According to McKinsey, the U.S. healthcare system generates over 1 trillion gigabytes of data every year. An incredible volume, even in a world that produces more data annually than we have managed in the course of Human history.
Big data in healthcare is multifaceted, noisy, and dynamic. Almost every interaction, such as a doctor ordering medicine on behalf of a patient, or a receptionist booking an appointment, or an insurance company receiving updates from patients and providers following the completion of treatment, generates data. Vast quantities of it.
Besides clinical notes, medical records and insurance claims, there are other less tangible sources of health-related information, such as data from wearable devices, fitness trackers and social media. Some of this data may be chaotic and unstructured. However, within this diversity lies a tremendous opportunity for deriving new clinical insights based on a much broader set of data.
This graph provides an overview of the major sources of big data in healthcare:
Dr. Eric Schadt, the founding director of the Icahn Institute for Genomics and Multiscale Biology at New York’s Mount Sinai Health System, said in an interview with McKinsey Sastry Chilukuri:
“The role of big data in medicine is one where we can build better health profiles and better predictive models around individual patients so that we can better diagnose and treat disease.”
Can machine learning unlock the potential of big data?
Machine learning solutions can help in unlocking the transformative potential of big data, although probably not as quickly as many would hope.
Gartner suggests excitement around the potential of AI and machine learning (ML) has reached “peak hype.”
That doesn't mean it’s all hype. Far from it. The potential of big data and machine learning is being proven across dozens of sectors. It simply means those investing in machine learning and big data projects need to be aware that it can, often depending on the state of your data and what you hope to do with it, take longer to realize than the hype suggests at times.
As McKinsey points out, early successes applying machine learning in other industries may not readily translate when attempting to scale machine learning in healthcare. The article goes onto say that “Health—specifically, the understanding of diseases and treatments—is fundamentally different from other areas where machine learning has been used.”
How machine learning is creating new value in healthcare?
1. Supporting disease diagnosis
Tired, overworked doctors make mistakes.
There can be no doubt that an aging population, coupled with overworked caseloads and a shortage of funding in many countries has a negative impact on medical professionals’ ability to diagnose patients successfully.

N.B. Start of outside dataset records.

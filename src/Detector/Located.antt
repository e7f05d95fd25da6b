-- ===== src/Detector/Located.antt =====
-- Every byte of a view of src/detector.rs comes from whole characters of the source.
use agent_veil.Detector.Decode.{Step, chars, is_invisible_control, is_token_byte}
use agent_veil.Detector.View.{
  ScanView, Output, hull, combined, combined_source, from_bytes, append_with_source, replaced,
  rewrite, collapse, when_changed, remove_structural_continuations, decode_json_escapes,
  decode_percent_encoding, collapse_candidate_separators, canonicalize_chars, canonicalize,
  drop_byte, copy_byte,
}
use agent_veil.Domain.{Span}
use agent_veil.Engine.Slice.{is_char_boundary}
use agent_veil.Prelude.{
  ◌≤◌, ◌<◌, ◌≡◌, Text, true, min, max, List, [], ◌∷◌, All, All-take, All-drop, length, arith,
  Ensures, Ensures-ok, Ensures-err, Option, Ensures-refuse_if, All-append, some, Ensures-bind, drop,
  All-replicate, ℕ, Bool, none, false, Bool-cases, suc, if◌then◌else◌, Option-cases, inl, inr, ◌-◌,
  zero, ensures_rules,
}

-- A part of the source that is not empty, from a boundary of characters to another.
pub record IsLocated (source : Text) (span : Span) : Type 0 where
  pub not_empty : span.start < span.end
  pub inside : span.end ≤ length source
  pub starts : is_char_boundary source span.start ≡ true
  pub ends : is_char_boundary source span.end ≡ true

module _ (source : Text) where
  abbrev pub IsLocatedView : ScanView → Type 0
  IsLocatedView view = All (IsLocated source) view.source_by_byte

  abbrev pub IsLocatedOutput : Output → Type 0
  IsLocatedOutput out = All (IsLocated source) out.mappings

  abbrev pub IsLocatedOption : Option ScanView → Type 0
  IsLocatedOption none = Unit
  IsLocatedOption (some view) = IsLocatedView view

module _ {source : Text} where
  hull-IsLocated :
      (s : Span) (ss : List Span)
      → IsLocated source s
      → All (IsLocated source) ss
      → IsLocated source (hull s ss)
  unfolding hull
  hull-IsLocated s [] h k = h
  hull-IsLocated s (t ∷ ts) h k =
      hull-IsLocated (record { start = min s.start t.start; end = max s.end t.end }) ts
        (record {
          not_empty = omega (arith, h.not_empty, k.0.not_empty);
          inside = omega (arith, h.inside, k.0.inside);
          starts = ground (arith, h.starts, k.0.starts);
          ends = ground (arith, h.ends, k.0.ends);
        })
        k.1

  combined-IsLocated :
      (ss : List Span) → All (IsLocated source) ss → Ensures (IsLocated source) (combined ss)
  unfolding combined
  combined-IsLocated [] h = Ensures-err _
  combined-IsLocated (s ∷ ss) h = search (ensures_rules, hull-IsLocated s ss h.0 h.1)

  pub combined_source-IsLocated :
      (ss : List Span) (span : Span)
      → All (IsLocated source) ss
      → Ensures (IsLocated source) (combined_source ss span)
  unfolding combined_source
  combined_source-IsLocated ss span h =
      let part =
        combined-IsLocated _ (All-take _ (span.end - span.start) _ (All-drop _ span.start ss h)) in
      search (ensures_rules, part)

  from_bytes-IsLocated :
      (s : Text) (ms : List Span)
      → All (IsLocated source) ms
      → Ensures (IsLocatedView source) (from_bytes s ms)
  unfolding from_bytes
  from_bytes-IsLocated s ms h = search (ensures_rules, h)

  pub append-IsLocated :
      (value : Text) (span : Span) (rest : Output)
      → IsLocated source span
      → IsLocatedOutput source rest
      → IsLocatedOutput source (append_with_source value span rest)
  unfolding append_with_source
  append-IsLocated value span rest h k = All-append _ _ _ (All-replicate _ (length value) span h) k

  replaced-IsLocated :
      (out : Text) (n : ℕ) (ms : List Span)
      → All (IsLocated source) ms
      → Ensures
          (λ put. (rest : Output) → IsLocatedOutput source rest → IsLocatedOutput source (put rest))
          (replaced out n ms)
  unfolding replaced drop_byte
  replaced-IsLocated [] n ms h = Ensures-ok _ λ rest k. k
  replaced-IsLocated (b ∷ out) n ms h =
      Ensures-bind _ _ (combined_source-IsLocated ms (record { start = 0; end = n }) h)
        λ span k. Ensures-ok _ λ rest. append-IsLocated (b ∷ out) span rest k

  rewrite-IsLocated :
      (step : Step) (skip : ℕ) (s : Text) (ms : List Span)
      → All (IsLocated source) ms
      → Ensures (IsLocatedOutput source) (rewrite step skip s ms)
  unfolding rewrite copy_byte
  rewrite-IsLocated step zero [] ms h = Ensures-ok _ tt
  rewrite-IsLocated step (suc skip) [] ms h = Ensures-ok _ tt
  rewrite-IsLocated step zero (b ∷ s) [] h = Ensures-err _
  rewrite-IsLocated step (suc skip) (b ∷ s) [] h = Ensures-err _
  rewrite-IsLocated step (suc skip) (b ∷ s) (m ∷ ms) h = rewrite-IsLocated step skip s ms h.1
  rewrite-IsLocated step zero (b ∷ s) (m ∷ ms) h = elim (Option-cases (step (b ∷ s))) [
    | inl e ↦
        rw (rewrite, e)
          (Ensures-bind _ _ (rewrite-IsLocated step 0 s ms h.1) λ rest k. Ensures-ok _ (h.0, k))
    | inr ((out, n), e) ↦
        rw (rewrite, e)
          (Ensures-bind _ _ (replaced-IsLocated out n (m ∷ ms) h) λ put keeps.
            Ensures-bind _ _ (rewrite-IsLocated step (n - 1) s ms h.1)
              λ rest k. Ensures-ok _ (keeps rest k))
  ]

  collapse-IsLocated :
      (after_token : Bool) (s : Text) (ms : List Span)
      → All (IsLocated source) ms
      → Ensures (IsLocatedOutput source) (collapse after_token s ms)
  unfolding collapse copy_byte drop_byte
  collapse-IsLocated after_token [] ms h = Ensures-ok _ tt
  collapse-IsLocated after_token (b ∷ s) [] h = Ensures-err _
  collapse-IsLocated after_token (b ∷ s) (m ∷ ms) h =
      Ensures-bind _ _ (collapse-IsLocated (is_token_byte b) s ms h.1)
        λ rest k. Ensures-ok _ (either_way _ (drop_byte rest) (copy_byte b m rest) k (h.0, k))
    where
      either_way :
          (t : Bool) (x y : Output)
          → IsLocatedOutput source x
          → IsLocatedOutput source y
          → IsLocatedOutput source (if t then x else y)
      either_way true x y p q = p
      either_way false x y p q = q

  when_changed-IsLocated :
      (out : Output)
      → IsLocatedOutput source out
      → Ensures (IsLocatedOption source) (when_changed out)
  unfolding when_changed
  when_changed-IsLocated out h =
      search (ensures_rules, from_bytes-IsLocated out.output out.mappings h)

  pub remove_structural_continuations-IsLocated :
      (view : ScanView)
      → IsLocatedView source view
      → Ensures (IsLocatedView source) (remove_structural_continuations view)
  unfolding remove_structural_continuations
  remove_structural_continuations-IsLocated view h =
      Ensures-bind _ _ (rewrite-IsLocated _ 0 view.text view.source_by_byte h)
        λ out k. from_bytes-IsLocated out.output out.mappings k

  pub decode_json_escapes-IsLocated :
      (view : ScanView)
      → IsLocatedView source view
      → Ensures (IsLocatedOption source) (decode_json_escapes view)
  unfolding decode_json_escapes
  decode_json_escapes-IsLocated view h =
      Ensures-bind _ _ (rewrite-IsLocated _ 0 view.text view.source_by_byte h)
        when_changed-IsLocated

  pub decode_percent_encoding-IsLocated :
      (view : ScanView)
      → IsLocatedView source view
      → Ensures (IsLocatedOption source) (decode_percent_encoding view)
  unfolding decode_percent_encoding
  decode_percent_encoding-IsLocated view h =
      Ensures-bind _ _ (rewrite-IsLocated _ 0 view.text view.source_by_byte h)
        λ out k. Ensures-refuse_if _ _ _ λ _. when_changed-IsLocated out k

  pub collapse_candidate_separators-IsLocated :
      (view : ScanView)
      → IsLocatedView source view
      → Ensures (IsLocatedOption source) (collapse_candidate_separators view)
  unfolding collapse_candidate_separators
  collapse_candidate_separators-IsLocated view h =
      Ensures-bind _ _ (collapse-IsLocated false view.text view.source_by_byte h)
        when_changed-IsLocated

  module _ (nfkc : Text → Text) where
    canonicalize_chars-IsLocated :
        (cs : List Text) (ms : List Span)
        → All (IsLocated source) ms
        → Ensures (IsLocatedOutput source) (canonicalize_chars nfkc cs ms)
    unfolding canonicalize_chars
    canonicalize_chars-IsLocated [] ms h = Ensures-ok _ tt
    canonicalize_chars-IsLocated (c ∷ cs) ms h =
        let later =
          canonicalize_chars-IsLocated cs (drop (length c) ms) (All-drop _ (length c) ms h) in
        elim (Bool-cases (is_invisible_control c)) [
          | inl t ↦ rw (canonicalize_chars, t) later
          | inr f ↦
              rw (canonicalize_chars, f)
                (Ensures-bind _ _
                  (combined_source-IsLocated ms (record { start = 0; end = length c }) h)
                  λ span k.
                    Ensures-bind _ _ later
                      λ rest q. Ensures-ok _ (append-IsLocated (nfkc c) span rest k q))
        ]

    pub canonicalize-IsLocated :
        (view : ScanView)
        → IsLocatedView source view
        → Ensures (IsLocatedView source) (canonicalize nfkc view)
    unfolding canonicalize
    canonicalize-IsLocated view h =
        Ensures-bind _ _ (canonicalize_chars-IsLocated (chars view.text) view.source_by_byte h)
          λ out k. remove_structural_continuations-IsLocated _ k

Machine learning algorithms, when they've been immersed in the topic (analyzed enough data) sufficiently, can help doctors in producing more accurate diagnoses. However, one area that can’t be stressed enough is data quality needs to be strong enough to unlock any value in the data.
Too often, data scientists spend considerably more time cleaning data up before it can be put to good use. ML algorithms, no matter how sophisticated, can’t fix poor quality data.

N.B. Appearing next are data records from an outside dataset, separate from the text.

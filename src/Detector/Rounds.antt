-- ===== src/Detector/Rounds.antt =====
-- `composed_views` of src/detector.rs: its loop over the queue ends, and how many views it returns.
use agent_veil.Detector.Compose.{
  Queue, enqueue, decoded_views, visit, explore, is_seen, max_decode_layers, composed_views,
  composed_views_within, saturating_mul,
}
use agent_veil.Detector.View.{ScanView, decode_json_escapes, decode_percent_encoding, canonicalize}
use agent_veil.Detector.{DetectorError}
use agent_veil.Prelude.{
  ℕ, zero, suc, ◌+◌, ◌≤◌, ◌≡◌, refl, Text, false, leb, Option, none, some, List, [], ◌∷◌, ◌++◌,
  length, length-append, arith, Bool-cases, Result-cases, Ensures, Ensures-ok, Ensures-err,
  Ensures-bind, ensures_rules, Result, ok, err, inl, inr, if◌then◌else◌, ◌==◌, ◌*◌, ◌-◌, subst, max,
  append-nil, append_assoc, ◌∙◌, ap,
}

-- The views that can come of a view at a depth, itself included.
layers : ℕ → ℕ
layers depth = if leb max_decode_layers depth then 1 else if depth == 1 then 3 else 7

weight : Queue → ℕ
weight [] = 0
weight ((view, depth) ∷ queue) = layers depth + weight queue

weight-append : (p q : Queue) → weight (p ++ q) ≡ weight p + weight q
unfolding weight
weight-append [] q = omega arith
weight-append ((view, depth) ∷ p) q = omega (arith, weight-append p q)

layers_halve :
    (depth : ℕ) → leb max_decode_layers depth ≡ false → 2 * layers (depth + 1) + 1 ≤ layers depth
unfolding layers
layers_halve depth h = ground arith

layers_positive : (depth : ℕ) → 1 ≤ layers depth
unfolding layers
layers_positive depth = ground arith

module _ (nfkc : Text → Text) where
  enqueue-weight :
      (depth : ℕ) (o : Option ScanView)
      → Ensures (λ q. weight q ≤ layers (depth + 1)) (enqueue nfkc depth o)
  unfolding enqueue weight
  enqueue-weight depth none = Ensures-ok _ (omega arith)
  enqueue-weight depth (some decoded) =
      Ensures-bind {P = λ v. Unit {0}} (canonicalize nfkc decoded) _ (record { at = λ v e. tt })
        λ v h. Ensures-ok _ (omega arith)

  abbrev anything : {A : Type 0} (r : Result DetectorError A) → Ensures (λ a. Unit {0}) r
  anything r = record { at = λ a e. tt }

  decoded_views-weight :
      (view : ScanView) (depth : ℕ)
      → Ensures (λ q. weight q + 1 ≤ layers depth) (decoded_views nfkc view depth)
  unfolding decoded_views
  decoded_views-weight view depth = elim (Bool-cases (leb max_decode_layers depth)) [
    | inl t ↦ rw t (Ensures-ok _ (unfold weight in omega (arith, layers_positive depth)))
    | inr f ↦ rw f (
        Ensures-bind _ _ (anything (decode_json_escapes view)) λ json _.
          Ensures-bind _ _ (enqueue-weight depth json) λ first h.
            Ensures-bind _ _ (anything (decode_percent_encoding view)) λ percent _.
              Ensures-bind _ _ (enqueue-weight depth percent) λ second k.
                Ensures-ok _ (omega (arith, weight-append first second, layers_halve depth f)))
  ]

  visit-weight :
      (m : ℕ) (view : ScanView) (depth : ℕ) (views : List ScanView)
      → Ensures (λ q. weight q + 1 ≤ layers depth) (visit nfkc m view depth views)
  unfolding visit
  visit-weight m view depth views = search (ensures_rules, decoded_views-weight view depth)

  -- The rounds suffice where they are as many as the views that can come of the queue.
  explore_returns :
      (rounds m : ℕ) (queue : Queue) (views : List ScanView)
      → weight queue ≤ rounds
      → (r : Result DetectorError (List ScanView)) × (explore nfkc rounds m queue views ≡ some r)
        × Ensures (λ vs. length vs ≤ length views + weight queue) r
  unfolding explore weight
  explore_returns zero m [] views h = (ok views, refl, Ensures-ok _ (omega arith))
  explore_returns (suc rounds) m [] views h = (ok views, refl, Ensures-ok _ (omega arith))
  explore_returns zero m ((view, depth) ∷ queue) views h =
      absurd (omega (arith, layers_positive depth))
  explore_returns (suc rounds) m ((view, depth) ∷ queue) views h =
      elim (Bool-cases (is_seen view views)) [
        | inl t ↦
            let (r, e, k) =
              explore_returns rounds m queue views (omega (arith, layers_positive depth)) in
            (r, rw (explore, t) e, record { at = λ vs q. omega (arith, k.at vs q) })
        | inr f ↦ elim (Result-cases (visit nfkc m view depth views)) [
          | inr (e, failed) ↦ (err e, rw (explore, f, failed) refl, Ensures-err e)
          | inl (added, made) ↦
              let less = (visit-weight m view depth views).at added made in
              let (r, e, k) =
                explore_returns rounds m (queue ++ added) (views ++ view ∷ [])
                  (omega (arith, weight-append queue added)) in
              (
                r,
                rw (explore, f, made) e,
                record {
                  at = λ vs q. omega (
                    arith,
                    k.at vs q,
                    length-append views (view ∷ []),
                    weight-append queue added,
                  );
                },
              )
        ]
      ]

  -- A run that has ended is the same with more rounds.
  explore_more :
      (rounds more m : ℕ) (queue : Queue) (views : List ScanView)
      (r : Result DetectorError (List ScanView))
      → explore nfkc rounds m queue views ≡ some r
      → explore nfkc (rounds + more) m queue views ≡ some r
  unfolding explore
  explore_more zero zero m [] views r h = h
  explore_more zero (suc more) m [] views r h = h
  explore_more (suc rounds) more m [] views r h = h
  explore_more zero more m ((view, depth) ∷ queue) views r h = absurd (cc h)
  explore_more (suc rounds) more m ((view, depth) ∷ queue) views r h =
      let total : suc (rounds + more) ≡ suc rounds + more = omega arith in
      subst (λ n. explore nfkc n m ((view, depth) ∷ queue) views ≡ some r) total
        (elim (Bool-cases (is_seen view views)) [
          | inl t ↦
              rw (explore, t) (explore_more rounds more m queue views r (rw (explore, t) at h))
          | inr f ↦ elim (Result-cases (visit nfkc m view depth views)) [
            | inr (x, failed) ↦ rw (explore, f, failed) (rw (explore, f, failed) at h)
            | inl (added, made) ↦
                rw (explore, f, made)
                  (explore_more rounds more m (queue ++ added) (views ++ view ∷ []) r
                    (rw (explore, f, made) at h))
          ]
        ])

  abbrev pub limit : ScanView → ℕ
  limit root = max (saturating_mul (length root.source_by_byte) 4) 4

  -- Seven rounds of the loop over the queue suffice: with any number of rounds from seven on the
  -- loop ends, with the result of `composed_views`.
  pub composed_views_within-composed_views :
      (rounds : ℕ) (root : ScanView)
      → 7 ≤ rounds
      → composed_views_within nfkc rounds root ≡ some (composed_views nfkc root)
  unfolding composed_views composed_views_within weight layers
  composed_views_within-composed_views rounds root h =
      let (r, e, k) = explore_returns 7 (limit root) ((root, 0) ∷ []) [] (omega arith) in
      let all : 7 + (rounds - 7) ≡ rounds = omega arith in
      let more = explore_more 7 (rounds - 7) (limit root) ((root, 0) ∷ []) [] r e in
      rw e (subst (λ n. explore nfkc n (limit root) ((root, 0) ∷ []) [] ≡ some r) all more)

  -- The views that are there stay at the front.
  explore-extends :
      (rounds m : ℕ) (queue : Queue) (views vs : List ScanView)
      → explore nfkc rounds m queue views ≡ some (ok vs)
      → (rest : List ScanView) × (vs ≡ views ++ rest)
  unfolding explore
  explore-extends zero m [] views vs h = ([], cc (h, append-nil views))
  explore-extends (suc rounds) m [] views vs h = ([], cc (h, append-nil views))
  explore-extends zero m ((view, depth) ∷ queue) views vs h = absurd (cc h)
  explore-extends (suc rounds) m ((view, depth) ∷ queue) views vs h =
      elim (Bool-cases (is_seen view views)) [
        | inl t ↦ explore-extends rounds m queue views vs (rw (explore, t) at h)
        | inr f ↦ elim (Result-cases (visit nfkc m view depth views)) [
          | inr (e, failed) ↦ absurd (cc (rw (explore, f, failed) at h))
          | inl (added, made) ↦
              let (rest, split) =
                explore-extends rounds m (queue ++ added) (views ++ view ∷ []) vs
                  (rw (explore, f, made) at h) in
              (view ∷ rest, split ∙ append_assoc views (view ∷ []) rest)
        ]
      ]

  explore-length :
      (rounds m : ℕ) (queue : Queue) (views vs : List ScanView)
      → explore nfkc rounds m queue views ≡ some (ok vs)
      → length vs ≤ length views + weight queue
  explore-length rounds m queue views vs h =
      let (r, e, k) = explore_returns (rounds + weight queue) m queue views (omega arith) in
      let same = explore_more rounds (weight queue) m queue views (ok vs) h in
      k.at vs (cc (e, same))

  explore-first :
      (rounds m : ℕ) (root : ScanView) (vs : List ScanView)
      → explore nfkc rounds m ((root, 0) ∷ []) [] ≡ some (ok vs)
      → (rest : List ScanView) × (vs ≡ root ∷ rest)
  unfolding explore
  explore-first zero m root vs h = absurd (cc h)
  explore-first (suc rounds) m root vs h =
      let unseen : is_seen root [] ≡ false = (unfold is_seen in refl) in
      elim (Result-cases (visit nfkc m root 0 [])) [
        | inr (e, failed) ↦ absurd (cc (rw (explore, unseen, failed) at h))
        | inl (added, made) ↦
            explore-extends rounds m added (root ∷ []) vs (rw (explore, unseen, made) at h)
      ]

  -- However many rounds the loop is given, views that it returns are the view that it began with
  -- and at most six others, so the limit of eight is not reached.
  pub length-composed_views_within :
      (rounds : ℕ) (root : ScanView) (views : List ScanView)
      → composed_views_within nfkc rounds root ≡ some (ok views)
      → (rest : List ScanView) × (views ≡ root ∷ rest) × (length rest ≤ 6)
  unfolding composed_views_within weight layers
  length-composed_views_within rounds root views h =
      let (rest, split) = explore-first rounds (limit root) root views h in
      let short = explore-length rounds (limit root) ((root, 0) ∷ []) [] views h in
      (rest, split, omega (arith, short, ap (λ vs. length vs) split))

For example, in an experiment held at university hospitals in Germany, clinical-practice guidelines were omitted. As a result, a machine learning algorithm suggested that respiratory infections caused most chest pains, completely overlooking cardiac causes. This is of course not correct, and it shows that the inputs in any big data or machine learning project need to be of sufficiently strong quality to produce the outcomes healthcare companies need.

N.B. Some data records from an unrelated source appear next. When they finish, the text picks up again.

-- ===== src/Detector/Composed.antt =====
-- The views that `composed_views` of src/detector.rs returns come from the source.
use agent_veil.Detector.Located.{
  IsLocatedOption, IsLocatedView, canonicalize-IsLocated, decode_json_escapes-IsLocated,
  decode_percent_encoding-IsLocated,
}
use agent_veil.Detector.Compose.{
  Queue, enqueue, decoded_views, visit, explore, is_seen, max_decode_layers, composed_views,
  composed_views_within,
}
use agent_veil.Detector.View.{ScanView}
use agent_veil.Detector.{DetectorError}
use agent_veil.Prelude.{
  ℕ, zero, suc, ◌≡◌, Text, leb, Option, none, some, List, [], ◌∷◌, ◌++◌, arith, Bool-cases,
  Result-cases, Ensures, Ensures-ok, Ensures-bind, ensures_rules, Result, inl, inr, All, subst,
  All-append,
}
use agent_veil.Detector.Rounds.{composed_views_within-composed_views, limit}

module _ (nfkc : Text → Text) {source : Text} where
  enqueue-IsLocated :
      (depth : ℕ) (o : Option ScanView)
      → IsLocatedOption source o
      → Ensures (All (λ v. IsLocatedView source v.0)) (enqueue nfkc depth o)
  unfolding enqueue
  enqueue-IsLocated depth none h = Ensures-ok _ tt
  enqueue-IsLocated depth (some decoded) h =
      Ensures-bind _ _ (canonicalize-IsLocated nfkc decoded h) λ v k. Ensures-ok _ (k, tt)

  decoded_views-IsLocated :
      (view : ScanView) (depth : ℕ)
      → IsLocatedView source view
      → Ensures (All (λ v. IsLocatedView source v.0)) (decoded_views nfkc view depth)
  unfolding decoded_views
  decoded_views-IsLocated view depth h =
      let decoded = Ensures-bind _ _ (decode_json_escapes-IsLocated view h) λ json j.
        Ensures-bind _ _ (enqueue-IsLocated depth json j) λ first p.
          Ensures-bind _ _ (decode_percent_encoding-IsLocated view h) λ percent k.
            Ensures-bind _ _ (enqueue-IsLocated depth percent k)
              λ second q. Ensures-ok _ (All-append _ first second p q) in
      elim (Bool-cases (leb max_decode_layers depth)) [
        | inl t ↦ rw t (Ensures-ok _ tt)
        | inr f ↦ rw f decoded
      ]

  visit-IsLocated :
      (m : ℕ) (view : ScanView) (depth : ℕ) (views : List ScanView)
      → IsLocatedView source view
      → Ensures (All (λ v. IsLocatedView source v.0)) (visit nfkc m view depth views)
  unfolding visit
  visit-IsLocated m view depth views h =
      search (ensures_rules, decoded_views-IsLocated view depth h)

  explore-IsLocated :
      (rounds m : ℕ) (queue : Queue) (views : List ScanView)
      (r : Result DetectorError (List ScanView))
      → All (λ v. IsLocatedView source v.0) queue
      → All (IsLocatedView source) views
      → explore nfkc rounds m queue views ≡ some r
      → Ensures (All (IsLocatedView source)) r
  unfolding explore
  explore-IsLocated zero m [] views r h k e = record { at = λ vs q. subst (All _) (cc (e, q)) k }
  explore-IsLocated (suc rounds) m [] views r h k e = record {
    at = λ vs q. subst (All _) (cc (e, q)) k;
  }
  explore-IsLocated zero m ((view, depth) ∷ queue) views r h k e = absurd (cc e)
  explore-IsLocated (suc rounds) m ((view, depth) ∷ queue) views r h k e =
      elim (Bool-cases (is_seen view views)) [
        | inl t ↦ explore-IsLocated rounds m queue views r h.1 k (rw (explore, t) at e)
        | inr f ↦ elim (Result-cases (visit nfkc m view depth views)) [
          | inr (x, failed) ↦
              let same = rw (explore, f, failed) at e in
              record { at = λ vs q. absurd (cc (same, q)) }
          | inl (added, made) ↦
              explore-IsLocated rounds m (queue ++ added) (views ++ view ∷ []) r
                (All-append _ queue added h.1
                  ((visit-IsLocated m view depth views h.0).at added made))
                (All-append _ views (view ∷ []) k (h.0, tt)) (rw (explore, f, made) at e)
        ]
      ]

  pub composed_views-IsLocated :
      (root : ScanView)
      → IsLocatedView source root
      → Ensures (All (IsLocatedView source)) (composed_views nfkc root)
  unfolding composed_views_within
  composed_views-IsLocated root h =
      explore-IsLocated 7 (limit nfkc root) ((root, 0) ∷ []) [] _ (h, tt) tt
        (composed_views_within-composed_views nfkc 7 root (omega arith))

2. Reducing administrative burdens on physicians
For every hour a physician spends with a patient, they spend another hour doing admin and paperwork. This admin time contributes to the 80% of data in the healthcare system that is unstructured, containing an enormous amount of potential value.
As doctors start using more ML-powered transcription services, note summary apps, auto-documentation and other systems that integrate with EHRs, it will save them valuable time they can spend with patients. Not only would this increase the number of patients that doctors can see, it will also increase billable time.
Another benefit is when data is input in a more useable format, it will prove more useful for big data and machine learning projects, making it easier for healthcare providers to extract value.
3. Optimizing risk in health insurance
Machine learning algorithms are more effective at assessing and adjusting for risk and other factors. When the data inputs are organized the right way, machine learning is being used in healthcare and health insurance to more effectively assess and plan for patient risk and the possibility that a patient will need ongoing treatments.
With the right technology and applications, healthcare providers can make enormous gains from the big data they can access and use. Projects need to start with the right level of appreciation and understanding for how to unlock the value contained within data sources, and how to prepare data for machine learning projects.